Federal Liberals were widely ridiculed, for example, when they tried to scare voters in the 2006 federal election campaign with an ad warning about how, if Harper won, we would see an increase in “military presence in our cities. Canadian cities. Soldiers with guns.”
This ad, part of a series of “scary Harper” ads, started off with some scary drumbeats, followed by a grainy black-and-white image of Harper.
But federal Liberals benefited from an attack gone wrong back in 1993 when the Progressive Conservatives ran an ad that some — including some conservatives — saw as mocking Jean Chrétien for his crooked way of speaking, a result of Bell’s palsy Chretien had as a child.
This attack ad, mild by today’s standards, was widely credited for helping to turn the tide against Kim Campbell and in favour of Chretien.
Perhaps one of the most entertaining attacks ads came in the 2015 election when the NDP candidate in the Toronto riding of St. Paul’s, author Noah Richler, decided to put together a video attacking Liberal Leader Justin Trudeau. Richler would lose to Liberal Carolyn Bennett and would later chronicle the creation of that ad in his book The Candidate: Fear and Loathing on the Campaign Trail.

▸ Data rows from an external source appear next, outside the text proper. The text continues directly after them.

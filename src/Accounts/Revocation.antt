-- ===== src/Accounts/Revocation.antt =====
-- crates/storage/src/users.rs and tokens.rs: what a deleted user's tokens are worth.
use mathlib.Core.Option
use chenni_x_api.Prelude.Int.{ℤ}
use chenni_x_api.Prelude.Lists.{All, find, keep_if}
use chenni_x_api.Prelude.Maps.{keep_some}
use chenni_x_api.Prelude.Tests.{◌==◌, Bool-cases, if◌then◌else◌}
use chenni_x_api.Prelude.{
  ℕ, ◌≡◌, refl, ◌∙◌, subst, String, str_eq, eq_iff, Bool, true, false, not, Option, none, some,
  List, [], ◌∷◌, map, inl, inr, arith,
}
use chenni_x_api.Common.Types.{RowId, TokenConfig, AuthContext}
use chenni_x_api.Common.Results.{ok}
use chenni_x_api.Auth.{AuthDb, validate_token}
use chenni_x_api.Auth.Checks.{context_of, validate_token-eq}
use chenni_x_api.Accounts.{UserRow, TokenRow, Accounts, Violation, statement}
use chenni_x_api.Accounts.Users.{map_user_row, drop_user, user_is_logged, delete_user}
use chenni_x_api.Accounts.Tokens.{map_token_row}
use chenni_x_api.Accounts.Rows.{Distinct}
use chenni_x_api.Accounts.Integrity.{key_of, IsSound}

-- The tables as the check of a token reads them; `parse` reads a JSON list of strings.
abbrev pub auth_db : (String → Option (List String)) → Accounts → AuthDb
auth_db parse db = record {
  tokens = map (map_token_row parse) db.tokens;
  users = map map_user_row db.users;
  token_refusal = none;
  user_refusal = none;
}

abbrev pub belongs : RowId → Option TokenConfig → Bool
belongs k none = false
belongs k (some t) = t.user_id == k

find-map :
    {A B : Type 0} (f : A → B) (p : B → Bool) (xs : List A)
    → find p (map f xs) ≡ Option.map f (find (λ x. p (f x)) xs)
find-map f p [] = refl
find-map f p (x ∷ xs) = ground (arith, find-map f p xs)

absent_key :
    {R : Type 0} (key : R → String) (q : R → Bool) (s : String) (rs : List R)
    → All (λ r. str_eq s (key r) ≡ false) rs
    → find (λ r. str_eq (key r) s) (keep_if q rs) ≡ none
absent_key key q s [] h = refl
absent_key key q s (r ∷ rs) h =
    ground (arith, eq_iff s (key r), eq_iff (key r) s, absent_key key q s rs h.1)

-- A look-up by a column without repetitions, in a part of the table.
find-keep_if :
    {R : Type 0} (key : R → String) (q : R → Bool) (s : String) (rs : List R)
    → Distinct key rs
    → find (λ r. str_eq (key r) s) (keep_if q rs) ≡ keep_some q (find (λ r. str_eq (key r) s) rs)
find-keep_if key q s [] d = refl
find-keep_if key q s (r ∷ rs) d = elim (Bool-cases (str_eq (key r) s)) [
  | inl e ↦
      let gone =
        absent_key key q s rs
          (subst (λ x. All (λ y. str_eq x (key y) ≡ false) rs) ((eq_iff (key r) s).0 e) d.0) in
      elim (Bool-cases (q r)) [ inl b ↦ rw (b, e, b) | inr b ↦ rw (e, b) gone ]
  | inr e ↦ rw e (ground (arith, e, find-keep_if key q s rs d.1))
]

find-other :
    (j k : ℕ) (us : List UserRow)
    → (j == k) ≡ false
    → find (λ (u : UserRow). u.id == j) (keep_if (λ (u : UserRow). not (u.id == k)) us)
      ≡ find (λ (u : UserRow). u.id == j) us
find-other j k [] n = refl
find-other j k (u ∷ us) n = ground (arith, n, find-other j k us n)

ok_if :
    (b : Bool) (c : Option AuthContext) → ok (if b then none else c) ≡ (if b then ok none else ok c)
ok_if true c = refl
ok_if false c = refl

module _ (parse : String → Option (List String)) (now : ℤ) (ip : Option String) where
  -- What the check answers for a row that the key finds.
  context_of_row : Accounts → Option TokenRow → Option AuthContext
  context_of_row db t = context_of (auth_db parse db) now ip (Option.map (map_token_row parse) t)

  validate_token-row :
      (db : Accounts) (key : String)
      → validate_token (auth_db parse db) now key ip
        ≡ ok (context_of_row db (find (λ (t : TokenRow). str_eq t.key key) db.tokens))
  unfolding context_of_row map_token_row
  validate_token-row db key =
      validate_token-eq (auth_db parse db) now key ip refl refl
      ∙ rw (find-map (map_token_row parse) (λ t. str_eq t.key key) db.tokens)

  dropped_context :
      (k : RowId) (db : Accounts) (t : Option TokenRow)
      → context_of_row (drop_user k db) (keep_some (λ (r : TokenRow). not (r.user_id == k)) t)
        ≡ (if belongs k (Option.map (map_token_row parse) t) then none else context_of_row db t)
  unfolding context_of_row map_token_row
  dropped_context k db none = refl
  dropped_context k db (some t) = elim (Bool-cases (t.user_id == k)) [
    | inl e ↦ rw e
    | inr e ↦ rw (
      e,
      context_of,
      find-map map_user_row (λ u. u.id == t.user_id)
          (keep_if (λ (u : UserRow). not (u.id == k)) db.users),
      find-map map_user_row (λ u. u.id == t.user_id) db.users,
      find-other t.user_id k db.users e,
    )
  ]

  -- Where nothing in the usage log refers to a user of sound tables or to the user's tokens, to
  -- delete the user succeeds and revokes exactly that user's tokens: the key of such a token is
  -- invalid from then on, and every other key is checked as before.
  pub delete_user-revokes :
      (explain : Violation → String) (k : RowId) (db : Accounts)
      → IsSound db
      → user_is_logged k db ≡ false
      → (key : String)
      → let (r, after) = delete_user none explain k db in
        (r ≡ ok tt)
        × (validate_token (auth_db parse after) now key ip ≡ (
            if belongs k (find (λ t. str_eq t.key key) (auth_db parse db).tokens)
            then ok none
            else validate_token (auth_db parse db) now key ip))
  unfolding delete_user statement context_of_row map_token_row
  delete_user-revokes explain k db s n key = rw n (
    refl,
    rw
        (
          validate_token-row (drop_user k db) key,
          validate_token-row db key,
          find-keep_if key_of (λ t. not (t.user_id == k)) key db.tokens s.keys,
          find-map (map_token_row parse) (λ t. str_eq t.key key) db.tokens,
          dropped_context k db (find (λ t. str_eq t.key key) db.tokens),
        )
        (ok_if
          (belongs k (Option.map (map_token_row parse) (find (λ t. str_eq t.key key) db.tokens)))
          (context_of_row db (find (λ t. str_eq t.key key) db.tokens))),
  )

But it was an ad that gave the the NDP war room trying to support the national campaign of Thomas Mulcair fits even if it delighted political pundits.
Many of the New Democrats in Mulcair’s war room in 2015 ended up in Alberta, after Notley won power, and are still there. That’s because in Canadian political circles, each major party borrows heavily from and builds on earlier campaigns at all levels.
Liberals, Conservatives and New Democrats all tend to draw from the same group of pollsters, advisors, operatives and war room generals which means that tactics and strategy you might see from one party in a federal election years ago be put to use in a provincial election the same party is contesting now.